# tank requirments ......



## bac3492 (Jul 25, 2008)

IM 16 now and getting really interested in Cichlids. *** been interested in fish all my life. I started with Livebearers, Tetras and goldfish because of low maintenance. I got a few various african cichlids and they last just died off. I had a beautiful full sized male melanochromis auratus and was dissapointed when he died. I want to get Yellow Labrichromis and was wondering about tank requirements, I have a 15 gallon Oct and a 30 gallon but i am wondering if i should get anything larger. I know about the harder water that is needed and the tank hideout spots. I only want 3 or 4 fish and i know the size max is +/- 4 inches so i was wondering what size tanks people would think were useful. Luckily i finally am making money so i can afford a bit more.


----------



## under_control (Jan 9, 2008)

Neither of those tanks is suitable for anything except shell dwellers and sa/ca dwarfs.

You will need a 4 foot tank, 3 foot at minimum to keep the fish you'd like to keep.


----------



## cichlidaholic (Dec 7, 2005)

Actually, I would suggest a 75G minimum for M. auratus, preferably larger. They are one of the more aggressive of the mbuna, and I wouldn't even attempt it in less than a 4 foot tank with lots of females to each male.

Depending on the dimensions of your 30G, you might be able to keep a small group of Yellow labs in there. What is the footprint of the tank?


----------



## bac3492 (Jul 25, 2008)

The tank is 30 1/4 x 12 x 19.

Im only 16 and i have school and work to manage, so i figured i would only have a group of 3 to 4 having only 1 male.
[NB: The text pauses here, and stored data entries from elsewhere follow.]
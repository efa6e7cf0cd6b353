-- ===== src/Tool/Mailbox.antt =====
-- src/tool/imap_op.rs, src/tool/move_to.rs, src/tool/archive.rs and src/tool/label.rs: the tools that
-- change a mailbox, by the commands that they send. The server is the record ImapServer.
pub mod Moves
use nexo_plugin_email.Base.{
  ℕ, Str, Bool, true, false, not, ◌&&◌, ◌||◌, Option, none, some, List, [], ◌∷◌, ◌++◌, ◌==◌,
  if◌then◌else◌, codes, length,
}
use nexo_plugin_email.ImapQuote.{format_uid_set, format_label_list}
use nexo_plugin_email.Reload.{EmailAccountConfig, find_account}

pub data ImapCommand : Type 0 where
  uid_move uid_copy uid_store : Str → Str → ImapCommand
  expunge : ImapCommand

-- What becomes of a connect, of a SELECT and of a command, and whether the server has MOVE.
pub record ImapServer : Type 0 where
  pub has_credential : Str → Bool
  pub connects : Str → Bool
  pub selects : Str → Bool
  pub accepts : ImapCommand → Bool
  pub move_ext : Bool

pub data ImapAnswer : Type 0 where
  unknown_instance not_gmail no_credential connect_failed select_failed : ImapAnswer
  command_failed : ImapCommand → ImapAnswer
  moved : (count : ℕ) (fallback : Bool) → ImapAnswer
  updated : ℕ → ImapAnswer

-- The commands that were sent, and the answer of the tool.
abbrev pub Run : Type 0
Run = List ImapCommand × ImapAnswer

abbrev pub sent_before : ImapCommand → Run → Run
sent_before c (trace, answer) = (c ∷ trace, answer)

-- commands in their order, up to the first that fails
unfoldable pub issue : (accepts : ImapCommand → Bool) → List ImapCommand → ImapAnswer → Run
issue accepts [] done = ([], done)
issue accepts (c ∷ cs) done =
    let rest = issue accepts cs done in
    if accepts c then sent_before c rest else (c ∷ [], command_failed c)

module _ (server : ImapServer) where
  unfoldable pub run_imap_op : EmailAccountConfig → Str → List ImapCommand → ImapAnswer → Run
  unfolding issue
  run_imap_op account folder commands done =
      if not (server.has_credential account.instance_id)
      then ([], no_credential)
      else if not (server.connects account.instance_id)
      then ([], connect_failed)
      else if not (server.selects folder)
      then ([], select_failed)
      else issue server.accepts commands done

  unfoldable pub move_commands : Str → Str → List ImapCommand
  move_commands uid_set folder =
      if server.move_ext
      then uid_move uid_set folder ∷ []
      else uid_copy uid_set folder ∷ uid_store uid_set (codes "+FLAGS (\\Deleted)") ∷ expunge ∷ []

  unfoldable pub move_for : List ℕ → Str → EmailAccountConfig → Run
  unfolding run_imap_op move_commands format_uid_set
  move_for uids folder account =
      run_imap_op account account.folders.inbox (move_commands (format_uid_set uids) folder)
        (moved (length uids) (not server.move_ext))

  -- email_move_to
  unfoldable pub run_move : List EmailAccountConfig → Str → List ℕ → Str → Run
  unfolding move_for find_account
  run_move accounts id [] folder = ([], moved 0 false)
  run_move accounts id (u ∷ uids) folder = elim (find_account id accounts) [
    | none ↦ ([], unknown_instance)
    | some account ↦ move_for (u ∷ uids) folder account
  ]

  -- email_archive
  unfoldable pub run_archive : List EmailAccountConfig → Str → List ℕ → Run
  unfolding move_for find_account
  run_archive accounts id [] = ([], moved 0 false)
  run_archive accounts id (u ∷ uids) = elim (find_account id accounts) [
    | none ↦ ([], unknown_instance)
    | some account ↦ move_for (u ∷ uids) account.folders.archive account
  ]

  abbrev pub label_command : Str → Str → Str → List ImapCommand
  label_command uid_set sign [] = []
  label_command uid_set sign (c ∷ labels) =
      uid_store uid_set (sign ++ (codes "X-GM-LABELS " ++ c ∷ labels)) ∷ []

  abbrev pub is_nil {ℓ} : {A : Type ℓ} → List A → Bool
  is_nil [] = true
  is_nil (x ∷ xs) = false

  -- email_label from the account on, where `gmail` is the number of that provider
  unfoldable pub label_for : (gmail : ℕ) → List ℕ → List Str → List Str → EmailAccountConfig → Run
  unfolding run_imap_op format_uid_set format_label_list
  label_for gmail uids add remove account =
      if not (account.provider == gmail)
      then ([], not_gmail)
      else if is_nil uids || (is_nil add && is_nil remove)
      then ([], updated 0)
      else run_imap_op account account.folders.inbox
          (label_command (format_uid_set uids) (codes "+") (format_label_list add)
            ++ label_command (format_uid_set uids) (codes "-") (format_label_list remove))
          (updated (length uids))

  unfoldable pub run_label :
      (gmail : ℕ) → List EmailAccountConfig → Str → List ℕ → List Str → List Str → Run
  unfolding label_for find_account
  run_label gmail accounts id uids add remove = elim (find_account id accounts) [
    | none ↦ ([], unknown_instance)
    | some account ↦ label_for gmail uids add remove account
  ]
I figured only having a few fish would make it more managable.


----------



## xalow (May 10, 2007)

With those tank dimensions you could suitable house a small group of yellow labs or some other type of smaller cichlid. Check out the vookie cutter section of the website for some suggestions on suitable species http://www.cichlid-forum.com/articles/c ... er_29g.php

That list has mostly lake tanganyikan cichlids but there are also some smaller malawis that would be suitable for a 30 gallon. These are the dwarf mbuna, which include the psuedotropheus saulosi (http://www.cichlid-forum.com/profiles/species.php?id=1) and psuedotropheus demasoni (http://www.cichlid-forum.com/profiles/s ... php?id=849).

A four foot long tank though is really a much better solution and will give you more options. Of course bigger is always better cheaper is always better.


----------



## Athos710 (Jul 8, 2006)

bac3492 said:


> I got a few various african cichlids and they last just died off. I had a beautiful full sized male melanochromis auratus and was dissapointed when he died.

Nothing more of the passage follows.